At least after the memory leak in the Oracle 9i client is fixed...

See this thread on the AOLserver list.

This is a bug in the Oracle client library (OCI) and is known to Oracle.  We ran across it at Greenpeace in June, 2002 and Oracle confirmed that it is a bug that crops up when you run a client application on X86 Linux that talks to an Oracle server on Solaris.  We were not the first to report it and it fails with other clients, not just the db driver used by AOLserver.

However, what we were seeing was Oracle itself crashing on Solaris ... rather than the client.

You say the only error you get is in the DB log, which logs a core dump on the Solaris side.  Isn't this an indication that your Oracle server on Solaris is crashing, too?  Not the client in Linux (AOLserver)?  My guess is that this is the case and that you've got scripts set up to restart Oracle if it dies.

Our workaround was to set CLOBs to the empty string rather than empty_clob().

Supposedly this was being fixed in OCI - surely by 9i it must be fixed?

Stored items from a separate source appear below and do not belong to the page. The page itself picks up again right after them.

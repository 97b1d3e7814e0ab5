-- ===== src/Authorization/Decisions.antt =====
-- What the gate and the check of a request decide.
use juris_ai.Base.{
  String, Bool, true, ◌≡◌, ◌≢◌, refl, sym, subst, ◌↔◌, inl, inr, Option, none, some, List, [], ◌∷◌,
  In, ◌==◌, Bool-cases, ≡→==, ≢→==, arith,
}
use juris_ai.Base.Result.{ok}
use juris_ai.Authorization.Roles.{ActionType, has_action, Directory, permissions_for}
use juris_ai.Authorization.Policy.{RbacPolicy, get_or, agent_action_allowed}
use juris_ai.Authorization.Gate.{
  AuthorizationRequest, allow, all_granted, check_intent, check_action, authorize,
  authorize_request,
}
use juris_ai.Authorization.Grants.{Grants, permitted_iff, has_action→In, In→has_action}

-- The request names a tool, and the policy lists the action for the agent and that tool.
pub record AgentMay (policy : RbacPolicy) (request : AuthorizationRequest) : Type 0 where
  pub tool : String
  pub named : request.tool_name ≡ some tool
  pub filled : tool ≢ ""
  pub listed : In request.action_type (get_or tool (get_or request.agent_id policy []) [])

agent_action_allowed→AgentMay :
    (policy : RbacPolicy) (request : AuthorizationRequest) (o : Option String)
    → request.tool_name ≡ o
    → agent_action_allowed policy request.agent_id o request.action_type ≡ true
    → AgentMay policy request
unfolding agent_action_allowed
agent_action_allowed→AgentMay policy request none e h = cc
agent_action_allowed→AgentMay policy request (some tool) e h = elim (Bool-cases (tool == "")) [
  | inl empty ↦ cc (rw empty at h)
  | inr named ↦ record {
    tool = tool;
    named = e;
    filled = λ p. cc (≡→== tool "" p, named);
    listed = has_action→In request.action_type _ (rw named at h);
  }
]

AgentMay→agent_action_allowed :
    (policy : RbacPolicy) (request : AuthorizationRequest)
    → AgentMay policy request
    → agent_action_allowed policy request.agent_id request.tool_name request.action_type ≡ true
unfolding agent_action_allowed
AgentMay→agent_action_allowed policy request may =
    rw (may.named, agent_action_allowed)
      (rw (≢→== may.tool "" may.filled) (In→has_action request.action_type _ may.listed))

-- The gate allows a concrete action exactly when the role of the user grants it and the agent may
-- perform it through the named tool; in all other cases it denies it.
pub authorize_iff :
    (db : Directory) (policy : RbacPolicy) (request : AuthorizationRequest)
    → ((authorize db policy request).decision ≡ allow)
      ↔ (Grants db request.user_id request.action_type × AgentMay policy request)
unfolding authorize check_action
authorize_iff db policy request = (to, from)
  where
    granted : Bool
    granted = has_action request.action_type (permissions_for db request.user_id)

    to :
        (authorize db policy request).decision ≡ allow
        → Grants db request.user_id request.action_type × AgentMay policy request
    to e = elim (Bool-cases granted) [
      | inl g ↦ (
        (permitted_iff db request.user_id request.action_type).0 g,
        agent_action_allowed→AgentMay policy request request.tool_name refl (ground arith),
      )
      | inr g ↦ absurd (ground arith)
    ]

    from :
        Grants db request.user_id request.action_type × AgentMay policy request
        → (authorize db policy request).decision ≡ allow
    from (g, may) = rw (
      (permitted_iff db request.user_id request.action_type).1 g,
      AgentMay→agent_action_allowed policy request may,
    )

all_granted→Grants :
    (db : Directory) (user_id : String) (cs : List ActionType)
    → all_granted cs (permissions_for db user_id) ≡ true
    → (c : ActionType) → In c cs
    → Grants db user_id c
unfolding all_granted
all_granted→Grants db user_id [] e c m = elim m [ ]
all_granted→Grants db user_id (x ∷ cs) e c m =
    elim (Bool-cases (has_action x (permissions_for db user_id))) [
      | inl g ↦ elim m [
        | inl p ↦ subst (Grants db user_id) (sym p) ((permitted_iff db user_id x).0 g)
        | inr n ↦ all_granted→Grants db user_id cs (rw g at e) c n
      ]
      | inr g ↦ cc (rw g at e)
    ]

Grants→all_granted :
    (db : Directory) (user_id : String) (cs : List ActionType)
    → ((c : ActionType) → In c cs → Grants db user_id c)
    → all_granted cs (permissions_for db user_id) ≡ true
unfolding all_granted
Grants→all_granted db user_id [] h = refl
Grants→all_granted db user_id (x ∷ cs) h =
    rw ((permitted_iff db user_id x).1 (h x (inl refl)))
      (Grants→all_granted db user_id cs (λ c m. h c (inr m)))

-- A request passes, with its capabilities as they are, exactly when the role of the user grants
-- every one of them.
authorize_request_iff :
    (db : Directory) (user_id : String) (cs result : List ActionType)
    → (authorize_request db user_id cs ≡ ok result)
      ↔ ((result ≡ cs) × ((c : ActionType) → In c cs → Grants db user_id c))
unfolding authorize_request check_intent
authorize_request_iff db user_id [] result = (λ e. (cc, λ c m. elim m [ ]), λ h. cc (h.0))
authorize_request_iff db user_id (x ∷ cs) result = (to, from)
  where
    to :
        authorize_request db user_id (x ∷ cs) ≡ ok result
        → (result ≡ x ∷ cs) × ((c : ActionType) → In c (x ∷ cs) → Grants db user_id c)
    to e = elim (Bool-cases (all_granted (x ∷ cs) (permissions_for db user_id))) [
      | inl g ↦ (ground arith, all_granted→Grants db user_id (x ∷ cs) g)
      | inr g ↦ absurd (ground arith)
    ]

    from :
        (result ≡ x ∷ cs) × ((c : ActionType) → In c (x ∷ cs) → Grants db user_id c)
        → authorize_request db user_id (x ∷ cs) ≡ ok result
    from (p, h) = rw (Grants→all_granted db user_id (x ∷ cs) h, authorize_request) (cc p)
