-- ===== src/Examples/Ipam.antt =====
-- Inputs for the theorems on internal/domain/ipam.go.
use mathlib.Core.List.{Perm}
use almanaut.Base.{
  List, Option, [], any, bool_eq, false, leb, list_eq, ltb, map, nat_eq, none, pair_eq, refl, some,
  string_eq, true, ℕ, ◌&&◌, ◌++◌, ◌+◌, ◌-◌, ◌^◌, ◌∷◌, ◌≡◌, ◌⊎◌,
}
use almanaut.Base.Assoc.{insert, lookup}
use almanaut.Base.Text.{Text, text_of}
use almanaut.Inventory.{Host, Network}
use almanaut.Ipam.{Block, Net, ParsedNet, attribute, best_net, overlapping_networks, parse_nets}
use almanaut.Ipam.Overlaps.{page_pairs, page_pairs-perm}
use almanaut.Ipam.Attribution.{best_net-longest, is_listed, none_longer, used_at}

-- Addresses of eight bits, written as one character, and a network as its base and its prefix.
abbrev parse_char : Text → Option ℕ
parse_char [] = none
parse_char (c ∷ s) = some c

abbrev parse_pair : Text → Option Block
parse_pair (base ∷ ones ∷ []) = some (record { base = base; ones = ones; bits = 8 })
parse_pair s = none

abbrev bytes : Net
bytes = record {
  parse_ip = parse_char;
  show_ip = λ a. a ∷ [];
  parse_cidr = parse_pair;
  has_ip = λ b a. leb b.base a && ltb a (b.base + 2 ^ (8 - b.ones));
}

abbrev network : ℕ → Text → Network
network id cidr = record { id = id; name = text_of "lan"; cidr = cidr; gateway = [] }

-- Everything, the upper half, and a CIDR that cannot be read.
abbrev lans : List Network
lans = network 1 (0 ∷ 0 ∷ []) ∷ network 2 (128 ∷ 1 ∷ []) ∷ network 3 [] ∷ []

abbrev machine : Host
machine = record {
  id = 5;
  name = text_of "nas";
  type = "vm";
  os = [];
  cpu = [];
  ram = [];
  disk = [];
  status = [];
  ips = (200 ∷ []) ∷ [] ∷ (7 ∷ []) ∷ [];
  notes = [];
  check_address = [];
  rack_id = 0;
  rack_position = 0;
  u_height = 1;
}

abbrev wide : ParsedNet
wide = record { idx = 0; block = record { base = 0; ones = 0; bits = 8 } }

abbrev upper : ParsedNet
upper = record { idx = 1; block = record { base = 128; ones = 1; bits = 8 } }

best_net-longest_example :
    ((best_net bytes 200 (wide ∷ upper ∷ []) none ≡ none)
      × (any (λ p. bytes.has_ip p.block 200) (wide ∷ upper ∷ []) ≡ false))
    ⊎ ((best : ParsedNet) × (best_net bytes 200 (wide ∷ upper ∷ []) none ≡ some best)
        × (is_listed bytes 200 best (wide ∷ upper ∷ []) ≡ true)
        × (none_longer bytes 200 best.block.ones (wide ∷ upper ∷ []) ≡ true))
best_net-longest_example = best_net-longest bytes 200 (wide ∷ upper ∷ [])

-- The run: the longer prefix wins.
attributes :
    used_at bytes 1 (attribute bytes lans (machine ∷ []) none)
    ≡ record { ip = 200 ∷ []; host_id = 5; host_name = text_of "nas" } ∷ []
unfolding attribute best_net parse_nets lookup insert
attributes = refl

abbrev shared : List Network
shared =
    network 1 (128 ∷ 1 ∷ [])
    ∷ network 2 (0 ∷ 0 ∷ [])
    ∷ network 3 []
    ∷ network 4 (128 ∷ 1 ∷ [])
    ∷ network 5 (128 ∷ 1 ∷ [])
    ∷ []

page_pairs-perm_example :
    let found = overlapping_networks bytes shared in
    Perm (page_pairs bytes shared shared) (found ++ map (λ p. (p.1, p.0)) found)
page_pairs-perm_example = page_pairs-perm bytes shared refl

-- The run: three networks on one block are three pairs, the earlier network first.
overlaps :
    map {B = ℕ × ℕ} (λ p. (p.0.id, p.1.id)) (overlapping_networks bytes shared)
    ≡ (1, 4) ∷ (1, 5) ∷ (4, 5) ∷ []
unfolding overlapping_networks
overlaps = refl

As to why SQL*Plus doesn't crash ... Oracle didn't say but clearly it's not using the same OCI library the rest of us use.

Apparently upgrading to the 9.2.0.3 OCI library fixed the memory leak problem...
Don,

Is this work-around in OpenACS 5.0?

Does this problem still exist with later versions of the software (Oracle 8.1.7.4, later version of the Oracle client for Linux)?

/Lars

Just so you know the latest version of Oracle that we tried prevented the AOLserver crash but still gives errors on Oracle side.

Also we learned that updating the empty clobs with *NULL* apparently solves the issue, below is a little script I came up which reads the list of tables with their CLOB column and then converts them. the key element is dbms_lob.getlength($ColumnName)=0 .

Hope this helps.

--Seena

#####################################################

set TABLES_COLUMNS_List [list \
\
[list ACTIVITY_GUIDE_INFO              JAVASCRIPT            ] \
[list BOOKS                            BOOK_DESCRIPTION      ] \
]

set db [ns_db gethandle]

foreach TableColumn $TABLES_COLUMNS_List {

    set TableName  [lindex $TableColumn 0]
    set ColumnName [lindex $TableColumn 1]

    set SQL {
        --
        SELECT count(rowid) FROM $TableName
        WHERE dbms_lob.getlength($ColumnName)=0
    }

    set UpdateSQL [subst { UPDATE $TableName SET $ColumnName=NULL WHERE dbms_lob.getlength($ColumnName)=0 } ]

    ns_db dml $db $UpdateSQL]

}

ns_db releasehandle $db

############################################################

We experianced the same issue with Aolserver running on linux connecting to a Solaris Oracle 8i server. We were running v2.6 of the nsoracle driver. Upgrading to v2.7 solved our problem.